Dead Preaching

Last month I seen a cartoon circling social media making fun of California’s ban on plastic straws. The cartoon depicted a scene from an urban area all too common these days. It showed people who were homeless living in tents and dumpsters. Coming from the left is a well dressed politician proclaiming his gospel. He said, “Good news! Plastic straws are banned!” The goal of the cartoon was to point out that of all the possible issues society could fix banning plastic straws should come after we help people who live on the streets. Banning plastic straws is a good idea. But, it doesn’t help the person living in the dumpster.

But, I wasn’t thinking plastic straws when I saw this cartoon. I was thinking about the gospel that church folk preach. The politician in the cartoon could just as well had been a well dressed preacher saying, “Good news! Jesus has saved you for heaven, if you only believe.” The point being while we preach, “heaven” people are living in hell on earth.
Now, I am not saying heaven is not part of the gospel. It very much is. And we can give comfort to dying believers, and their loved ones, that heaven waits for them. Heaven is a hope we can give to those in need. But, it is not the only thing we need give them.

James says, “If a brother or sister is poorly clothed and lacking in daily food, and one of you says to them, ‘Go in peace, be warmed and filled,’ without giving them the things needed for the body, what good is that?” (Jame 2:15-16). If we only preach and say, “Believe and heaven awaits!” while we see people in need what good is that? Preaching God’s love and mercy without showing God’s love and mercy is dead preaching.

I’ve written about this before. Some preachers today believe the mission of the Church is strictly preaching for salvation of souls. But this leaves a huge hole in their faith, and in their preaching.

The true Gospel of Jesus Christ is powerful enough to save the whole person, not just get them into heaven. Paul says, “For I am not ashamed of the gospel, for it is the power of God for salvation to everyone who believes…” (Romans 1:16). The Greek word for salvation here can be rendered, “rescue, salvation, health, wholeness and restoration to the original state and condition.” It is for the whole person, healed of the sickness of sin, rescued from the slavery of evil, made whole into a new creation!

If we have hope in the next life only we are a people most to be pitied.

Pastor, You Need Friends

Photo by Eber Devine on Unsplash

One of the most valuable and precious relationships I have involves other Christian leaders and ministers in my local community. I’ve made it a priority to cultivate these relationships in order to promote unity and see the kingdom advance further.

Though these relationships promote unity they have been a great blessing to me both mentally and spiritually.

Brian Boyles writing for Facts and Trends says, “I [have] friendships with other church leaders in the community. These… were vital to my personal and spiritual growth…” When things go wrong in pastors’ lives, they need someone to turn to, someone that will pray over them, someone to speak words of encouragement.

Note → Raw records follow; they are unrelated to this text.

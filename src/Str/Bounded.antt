-- ===== src/Str/Bounded.antt =====
-- `strncpy` and `strlcpy`.
use Prim.Native.Nat.{min}
use jos.Base.{
  ℕ, zero, suc, ◌+◌, ◌-◌, ◌<◌, ◌≡◌, ◌≢◌, ◌⊎◌, refl, ap, ◌∙◌, true, false, List, [], ◌∷◌, arith,
  length, take, get_or, ◌==◌, if◌then◌else◌,
}
use jos.Memory.{Mem, store, within, Apart, SameOutside}
use jos.Memory.Text.{IsText, IsText-frame}
use jos.Str.{strncpy, strlcpy_loop, strlcpy}
use jos.Str.Copy.{store-same, store_self}

-- A string that the byte at `d` is not in survives a store there.
kept :
    (m : Mem) (d v s : ℕ) (cs : List ℕ)
    → (d < s) ⊎ (s + length cs < d)
    → IsText m s cs
    → IsText (store m d v) s cs
kept m d v s cs away = IsText-frame m (store m d v) s cs (λ q h k. store-same m d v q (omega arith))

-- Memory after the string has been put into `size` bytes, cut off or filled up with zeros.
unfoldable pub padded : Mem → ℕ → ℕ → List ℕ → Mem
padded m d size cs q = if within d size q then get_or cs (q - d) 0 else m q

get_or-cons :
    (c : ℕ) (cs : List ℕ) (k : ℕ)
    → get_or (c ∷ cs) k 0 ≡ (if k == 0 then c else get_or cs (k - 1) 0)
get_or-cons c cs zero = refl
get_or-cons c cs (suc k) = let e : suc k - 1 ≡ k = omega arith in rw e (ground arith)

padded_nil :
    (m : Mem) (d size v q : ℕ)
    → v ≡ 0
    → padded (store m d v) (d + 1) size [] q ≡ padded m d (suc size) [] q
unfolding padded store
padded_nil m d size v q e = ground arith

padded_cons :
    (m : Mem) (d size c q : ℕ) (cs : List ℕ)
    → padded (store m d c) (d + 1) size cs q ≡ padded m d (suc size) (c ∷ cs) q
unfolding padded store
padded_cons m d size c q cs = ground (arith, get_or-cons c cs (q - d))

strncpy_at_end :
    (m : Mem) (d s size : ℕ)
    → m s ≡ 0
    → strncpy m d s (suc size) ≡ strncpy (store m d (m s)) (d + 1) s size
unfolding strncpy
strncpy_at_end m d s size e = let t : (m s == 0) ≡ true = ground arith in rw t

strncpy_inside :
    (m : Mem) (d s size : ℕ)
    → m s ≢ 0
    → strncpy m d s (suc size) ≡ strncpy (store m d (m s)) (d + 1) (s + 1) size
unfolding strncpy
strncpy_inside m d s size e = let t : (m s == 0) ≡ false = ground arith in rw t

-- `strncpy` writes exactly `size` bytes, the string cut off or filled up with zeros, where the
-- blocks do not overlap.
strncpy-padded :
    (m : Mem) (d s size : ℕ) (cs : List ℕ) (q : ℕ)
    → IsText m s cs
    → Apart d size s (length cs + 1)
    → strncpy m d s size q ≡ padded m d size cs q
strncpy-padded m d s zero cs q t apart = unfold strncpy padded in ground arith
strncpy-padded m d s (suc size) [] q t apart = rw (strncpy_at_end m d s size t) (
    strncpy-padded (store m d (m s)) (d + 1) s size [] q (kept m d (m s) s [] (omega arith) t)
      (omega arith)
    ∙ padded_nil m d size (m s) q t)
strncpy-padded m d s (suc size) (c ∷ cs) q t apart =
    rw (strncpy_inside m d s size (omega (arith, t.1, t.0))) (
      strncpy-padded (store m d (m s)) (d + 1) (s + 1) size cs q
        (kept m d (m s) (s + 1) cs (omega arith) t.2) (omega arith)
      ∙ padded_cons m d size (m s) q cs
      ∙ ap (λ x. padded m d (suc size) (x ∷ cs) q) t.0)

-- What `strlcpy` leaves: memory and the address of the 0.
record Ends (m : Mem) (d size : ℕ) (cs : List ℕ) (result : Mem × ℕ) : Type 0 where
  end : result.1 ≡ d + min size (length cs)
  holds : IsText result.0 d (take size cs)
  same : SameOutside m result.0 d (min size (length cs) + 1)

strlcpy_loop_more :
    (m : Mem) (d s size : ℕ)
    → m s ≢ 0
    → strlcpy_loop m d s (suc size) ≡ strlcpy_loop (store m d (m s)) (d + 1) (s + 1) size
unfolding strlcpy_loop
strlcpy_loop_more m d s size e = let t : (m s == 0) ≡ false = ground arith in rw t

strlcpy_loop_end :
    (m : Mem) (d s size : ℕ) → m s ≡ 0 → strlcpy_loop m d s (suc size) ≡ (store m d 0, d)
unfolding strlcpy_loop
strlcpy_loop_end m d s size e = let t : (m s == 0) ≡ true = ground arith in rw t

strlcpy_loop-Ends :
    (m : Mem) (d s size : ℕ) (cs : List ℕ)
    → IsText m s cs
    → Apart d (size + 1) s (length cs + 1)
    → Ends m d size cs (strlcpy_loop m d s size)
strlcpy_loop-Ends m d s zero cs t apart =
    unfold strlcpy_loop in
    record {
      end = omega arith;
      holds = store_self m d 0;
      same = λ q h. store-same m d 0 q (omega arith);
    }
strlcpy_loop-Ends m d s (suc size) [] t apart = rw (strlcpy_loop_end m d s size t) (record {
  end = omega arith;
  holds = store_self m d 0;
  same = λ q h. store-same m d 0 q (omega arith);
})
strlcpy_loop-Ends m d s (suc size) (c ∷ cs) t apart =
    let rest =
      strlcpy_loop-Ends (store m d (m s)) (d + 1) (s + 1) size cs
        (kept m d (m s) (s + 1) cs (omega arith) t.2) (omega arith) in
    rw (strlcpy_loop_more m d s size (omega (arith, t.1, t.0))) (record {
      end = omega (arith, rest.end);
      holds = (rest.same d (omega arith) ∙ store_self m d (m s) ∙ t.0, t.1, rest.holds);
      same = λ q h. rest.same q (omega arith) ∙ store-same m d (m s) q (omega arith);
    })

-- For a positive `size`, and a string that does not overlap the `size` bytes at `d`, `strlcpy` writes
-- the first `size - 1` characters of the string with a 0 behind them, inside the `size` bytes, and
-- returns how many characters those are.
pub strlcpy_lem :
    (m : Mem) (d s size : ℕ) (cs : List ℕ)
    → 0 < size
    → IsText m s cs
    → Apart d size s (length cs + 1)
    → let r = strlcpy m d s size in
      (r.1 ≡ min (size - 1) (length cs))
      × IsText r.0 d (take (size - 1) cs)
      × SameOutside m r.0 d size
unfolding strlcpy
strlcpy_lem m d s zero cs pos t apart = absurd (omega arith)
strlcpy_lem m d s (suc size) cs pos t apart =
    let e = strlcpy_loop-Ends m d s size cs t (omega arith) in
    let f : suc size - 1 ≡ size = omega arith in
    rw f (omega (arith, e.end), e.holds, λ q h. e.same q (omega arith))
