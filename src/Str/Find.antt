-- ===== src/Str/Find.antt =====
-- `strchr` and `strfind`.
use jos.Base.{
  ℕ, zero, suc, ◌+◌, ◌<◌, ◌≡◌, Option, none, some, List, [], ◌∷◌, arith, length, ◌==◌,
  if◌then◌else◌,
}
use mathlib.Core.Option
use jos.Memory.{Mem}
use jos.Memory.Text.{IsText}
use jos.Str.{strchr, strfind}

-- The position of the first `c`.
unfoldable pub index_of : ℕ → List ℕ → Option ℕ
index_of c [] = none
index_of c (x ∷ xs) = if x == c then some 0 else Option.map suc (index_of c xs)

abbrev pub at : ℕ → Option ℕ → Option ℕ
at s none = none
at s (some i) = some (s + i)

abbrev pub or_end : ℕ → Option ℕ → ℕ
or_end n none = n
or_end n (some i) = i

-- `strchr` returns the address of the first `c` in the string, and a null pointer where there is
-- none; the final 0 does not count.
pub strchr-index_of :
    (fuel : ℕ) (m : Mem) (s c : ℕ) (cs : List ℕ)
    → IsText m s cs
    → length cs < fuel
    → strchr fuel m s c ≡ some (at s (index_of c cs))
unfolding strchr index_of
strchr-index_of zero m s c cs t h = absurd (omega arith)
strchr-index_of (suc fuel) m s c [] t h = ground arith
strchr-index_of (suc fuel) m s c (x ∷ cs) t h = ground (arith, strchr-index_of fuel m (s + 1) c cs)

-- `strfind` returns the address of the first `c` in the string, and of its final 0 where there is
-- none.
pub strfind-index_of :
    (fuel : ℕ) (m : Mem) (s c : ℕ) (cs : List ℕ)
    → IsText m s cs
    → length cs < fuel
    → strfind fuel m s c ≡ some (s + or_end (length cs) (index_of c cs))
unfolding strfind index_of
strfind-index_of zero m s c cs t h = absurd (omega arith)
strfind-index_of (suc fuel) m s c [] t h = ground arith
strfind-index_of (suc fuel) m s c (x ∷ cs) t h =
    ground (arith, strfind-index_of fuel m (s + 1) c cs)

Many see the pastor as someone who has it all together, as someone who cannot have any faults or problems. If the pastor did it would prove God is not with him. In spite of this being utterly false many pastors and leaders face congregants that think and act this way. Most pastors feel alone with no one to talk to. 70% of pastors do not have someone they consider a close friend. They have no one in which they can talk to, vent to about ministry, or work through problems about congregants, families, and even their own marriage.

70% say they constantly fight depression. Boyles says, “You need another person in your shoes to walk with you through times like this and other difficult things you’ll encounter in ministry—things you can’t bring before friends you have within your own congregation.”

Though I don’t have a formal congregation, as I am managing a homeless shelter, I do still look for and value the friendship and support of local pastors and ministry leaders.

Thinking through this I am drawn to Jesus. He himself had his select disciples whom he called friends (John 15:15). When he was tired from ministry he sought refuge with his friends saying, “Come with me by yourselves to a quiet place so we can rest” (Mark 6:31). When Jesus was facing his greatest trial he took his closest friends and asked them to pray with him (Luke 22:40, 46), to sit up with him in the night and keep watch over him (Mark 14:36). Jesus fellowshipped with his friends when he was tired. He leaned on them at his hour of suffering. He even needed his friend, whom he loved, when he was upon the cross (John19:25-27).

If Jesus ,our great shepherd, had need of friends who would fellowship with him, pray for him, and look after his personal wellbeing, how much more do we, his under-shepherds, need friends who will do the same?